Smart companies know that artificial intelligence and machine learning have the potential to transform business, but many aren't sure where to start. Here's an expert guide based on 10 of the most burning questions asked about what it takes to launch a machine learning initiative.


Machine learning (ML) is frequently the catalyst that turns business data into accurate predictions and actionable information. For many companies, however, the barriers to entry seem daunting:

  • Data needs to be discovered, organized, and standardized
  • Compute resources need to be sourced to handle ML workloads
  • Models need to be built and trained by data scientists
  • Outputs need to be integrated into business processes

When faced with requirements that are hard to scope out and goals that require imagination, companies need expert help. Larry Pizette, senior manager and leader of the Machine Learning (ML) Solution Lab at Amazon Web Services, knows a lot about overcoming ML barriers. He meets with customers from diverse industries, helping them plan and implement their ML initiatives across a wide range of use cases.

We had the opportunity to sit down with Larry and pose 10 questions, eliciting his insights for business leaders who want to understand ML trends, how to get a project started, and how to move from proof-of-concept to production.

Approaching ML

Q1: What's driving interest in machine learning today?

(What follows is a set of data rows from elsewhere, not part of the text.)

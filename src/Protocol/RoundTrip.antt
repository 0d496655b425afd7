-- ===== src/Protocol/RoundTrip.antt =====
-- What `decodeMessage` makes of what `encodeMessage` wrote.
use iran_remote_play.Prelude.{
  ℕ, zero, suc, min, ◌≡◌, none, some, List, [], ◌∷◌, ◌++◌, ◌&&◌, not, if◌then◌else◌, ◌==◌, length,
  take, replicate, arith, All,
}
use native.Mathlib.Numerals.{unary_clauses}
use iran_remote_play.Prelude.Bytes.{Bytes}
use iran_remote_play.Packet.Writer.{max_string}
use iran_remote_play.Packet.Reader.{reader}
use iran_remote_play.Packet.Laws.{
  Undoes, Undoes-pure, Undoes-bind, Undoes-last, Undoes-u8, Undoes-u16, Undoes-u32, Undoes-u64,
  Undoes-boolean, Undoes-bytes, Undoes-str,
}
use iran_remote_play.Protocol.Ids.{MsgId, raw_id, id_of_raw-raw_id}
use iran_remote_play.Protocol.Messages.{Body, Envelope, id_of, IsU8, InRange}
use iran_remote_play.Protocol.Write.{
  write_codecs, write_video_codec_list, write_client_hello, write_host_reject,
  write_host_capabilities, write_negotiation_result, write_input_permission, write_stream_start,
  write_key_exchange, write_body, encode_message,
}
use iran_remote_play.Protocol.Read.{
  read_codecs, read_video_codec_list, read_client_hello, read_host_reject, read_host_capabilities,
  read_negotiation_result, read_input_permission, read_stream_start, read_key_exchange, read_body,
  wants_all, accepted, decode_known, decode_message,
}

-- A message as it comes back: strings cut to 1024 bytes, codec lists to 32 entries.
abbrev cut : Bytes → Bytes
cut = take max_string

abbrev pub canonical : Body → Body
canonical (Body.client_hello m) = Body.client_hello (record {
  client_name = cut m.client_name;
  session_code = cut m.session_code;
  app_version = cut m.app_version;
})
canonical (Body.host_reject m) = Body.host_reject (record m { reason_text = cut m.reason_text })
canonical (Body.host_capabilities m) = Body.host_capabilities (record m {
  host_name = cut m.host_name;
  game_name = cut m.game_name;
  offered_codecs = take 32 m.offered_codecs;
})
canonical (Body.client_capabilities m) = Body.client_capabilities (take 32 m)
canonical (Body.negotiation_result m) = Body.negotiation_result (record m { note = cut m.note })
canonical (Body.kick m) = Body.kick (cut m)
canonical (Body.bye m) = Body.bye (cut m)
canonical (Body.stream_stop m) = Body.stream_stop (cut m)
canonical m = m

Undoes-codecs :
    (limit : ℕ) (list : List ℕ)
    → All IsU8 list
    → Undoes (write_codecs limit list) (read_codecs (min (length list) limit)) (take limit list)
unfolding write_codecs read_codecs
Undoes-codecs zero list h = rw (min-zero (length list)) (Undoes-pure [])
  where
    min-zero : (n : ℕ) → min n 0 ≡ 0
    min-zero n = omega arith
Undoes-codecs (suc limit) [] h = simp unary_clauses (Undoes-pure [])
Undoes-codecs (suc limit) (c ∷ list) (hc, h) =
    rw (min-suc (length list) limit)
      (Undoes-bind _ (Undoes-u8 c hc) (Undoes-last _ (Undoes-codecs limit list h)))
  where
    min-suc : (n k : ℕ) → min (suc n) (suc k) ≡ suc (min n k)
    min-suc n k = omega arith

Undoes-codec_list :
    (list : List ℕ)
    → All IsU8 list
    → Undoes (write_video_codec_list list) read_video_codec_list (take 32 list)
unfolding write_video_codec_list read_video_codec_list
Undoes-codec_list list h =
    Undoes-bind _ (Undoes-u8 (min (length list) 32) (omega arith)) (Undoes-codecs 32 list h)

-- Every writer is undone by the reader of its message.
pub Undoes-body : (m : Body) → InRange m → Undoes (write_body m) (read_body (id_of m)) (canonical m)
unfolding write_body read_body id_of write_client_hello write_host_reject write_host_capabilities
    write_negotiation_result write_input_permission write_stream_start write_key_exchange
    read_client_hello read_host_reject read_host_capabilities read_negotiation_result
    read_input_permission read_stream_start read_key_exchange
Undoes-body (Body.client_hello m) h = Undoes-last _ (
    Undoes-bind _ (Undoes-str m.client_name)
      (Undoes-bind _ (Undoes-str m.session_code) (Undoes-last _ (Undoes-str m.app_version))))
Undoes-body (Body.host_reject m) h =
    Undoes-last _
      (Undoes-bind _ (Undoes-u16 m.reason_code h) (Undoes-last _ (Undoes-str m.reason_text)))
Undoes-body Body.host_approved h = Undoes-pure Body.host_approved
Undoes-body (Body.host_capabilities m) (h0, h1, h2, h3, h4, h5) = Undoes-last _ (
    Undoes-bind _ (Undoes-str m.host_name) (
      Undoes-bind _ (Undoes-str m.game_name) (
        Undoes-bind _ (Undoes-u8 m.capture_mode h0) (
          Undoes-bind _ (Undoes-u16 m.width h1) (
            Undoes-bind _ (Undoes-u16 m.height h2) (
              Undoes-bind _ (Undoes-u8 m.fps h3) (
                Undoes-bind _ (Undoes-u32 m.bitrate_kbps h4)
                  (Undoes-last _ (Undoes-codec_list m.offered_codecs h5)))))))))
Undoes-body (Body.client_capabilities m) h = Undoes-last _ (Undoes-codec_list m h)
Undoes-body (Body.negotiation_result m) (h0, h1, h2, h3, h4) = Undoes-last _ (
    Undoes-bind _ (Undoes-boolean m.accepted) (
      Undoes-bind _ (Undoes-u8 m.codec h0) (
        Undoes-bind _ (Undoes-u16 m.width h1) (
          Undoes-bind _ (Undoes-u16 m.height h2) (
            Undoes-bind _ (Undoes-u8 m.fps h3) (
              Undoes-bind _ (Undoes-u32 m.bitrate_kbps h4) (Undoes-last _ (Undoes-str m.note))))))))
Undoes-body (Body.ping m) h = Undoes-last _ (Undoes-u64 m h)
Undoes-body (Body.pong m) h = Undoes-last _ (Undoes-u64 m h)
Undoes-body (Body.input_permission m) h = Undoes-last _ (
    Undoes-bind _ (Undoes-boolean m.controller) (
      Undoes-bind _ (Undoes-boolean m.keyboard)
        (Undoes-bind _ (Undoes-boolean m.mouse) (Undoes-last _ (Undoes-boolean m.vibration)))))
Undoes-body (Body.kick m) h = Undoes-last _ (Undoes-str m)
Undoes-body (Body.bye m) h = Undoes-last _ (Undoes-str m)
Undoes-body (Body.stream_start m) (h0, h1, h2, h3, h4, h5, h6, h7) = Undoes-last _ (
    Undoes-bind _ (Undoes-u16 m.udp_port h0) (
      Undoes-bind _ (Undoes-u32 m.session_id h1) (
        Undoes-bind _ (Undoes-u8 m.player_index h2) (
          Undoes-bind _ (Undoes-u8 m.codec h3) (
            Undoes-bind _ (Undoes-u16 m.width h4) (
              Undoes-bind _ (Undoes-u16 m.height h5) (
                Undoes-bind _ (Undoes-u8 m.fps h6)
                  (Undoes-last _ (Undoes-u32 m.bitrate_kbps h7)))))))))
Undoes-body (Body.stream_stop m) h = Undoes-last _ (Undoes-str m)
Undoes-body Body.keyframe_request h = Undoes-pure Body.keyframe_request
Undoes-body (Body.key_exchange m) (h0, h1) = Undoes-last _ (
    Undoes-bind _ (Undoes-bytes m.public_key (replicate 64 0) 64 h0)
      (Undoes-last _ (Undoes-bytes m.salt (replicate 16 0) 16 h1)))
Undoes-body Body.session_key_ready h = Undoes-pure Body.session_key_ready

-- An envelope whose type is that of its body.
abbrev pub envelope : Body → Envelope
envelope m = record { type = id_of m; body = m }

pub encode_message-written :
    (m : Body) (h : InRange m) → encode_message (envelope m) ≡ (Undoes-body m h).written
unfolding encode_message
encode_message-written m h = (Undoes-body m h).writes []

-- What a reader that has read everything but `more` makes of it.
accepted_reader :
    (id : MsgId) (more : Bytes)
    → accepted id (reader more) ≡ not (wants_all id && not (length more == 0))
unfolding accepted
accepted_reader id more = ground arith

decode_known_lem :
    (id : MsgId) (input more : Bytes) (m : Body)
    → read_body id (reader input) ≡ (m, reader more)
    → decode_known id input ≡ (
        if wants_all id && not (length more == 0)
        then none
        else some (record { type = id; body = m }))
unfolding decode_known
decode_known_lem id input more m h = rw h (ground (arith, accepted_reader id more))

pub decode_message-raw_id :
    (id : MsgId) (input : Bytes) → decode_message (raw_id id) input ≡ decode_known id input
unfolding decode_message
decode_message-raw_id id input = ground (arith, id_of_raw-raw_id id)

-- Decoding under its own id what `encodeMessage` wrote for a body with any bytes behind it gives
-- the message back, cut to the caps. Bytes behind it are refused exactly if the id is one whose
-- reader checks `remaining()`.
pub decode_message-encode_message :
    (m : Body) (more : Bytes)
    → InRange m
    → decode_message (raw_id (id_of m)) (encode_message (envelope m) ++ more) ≡ (
        if wants_all (id_of m) && not (length more == 0)
        then none
        else some (record { type = id_of m; body = canonical m }))
decode_message-encode_message m more h =
    let u = Undoes-body m h in
    rw (decode_message-raw_id, encode_message-written m h)
      (decode_known_lem (id_of m) (u.written ++ more) more (canonical m) (u.reads more))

We're at an inflection point, where machine learning has hit the common consciousness. There are references to artificial intelligence and machine learning on television, magazines, websites, and product announcements - it's everywhere. Customers are looking at ML for a variety of different reasons, but it tends to be around the same goals: better experiences and outcomes for their customers, improved operations, and, for commercial customers, better financial results. Business owners want to unlock the potential of their data. It's hard not to pay attention to machine learning.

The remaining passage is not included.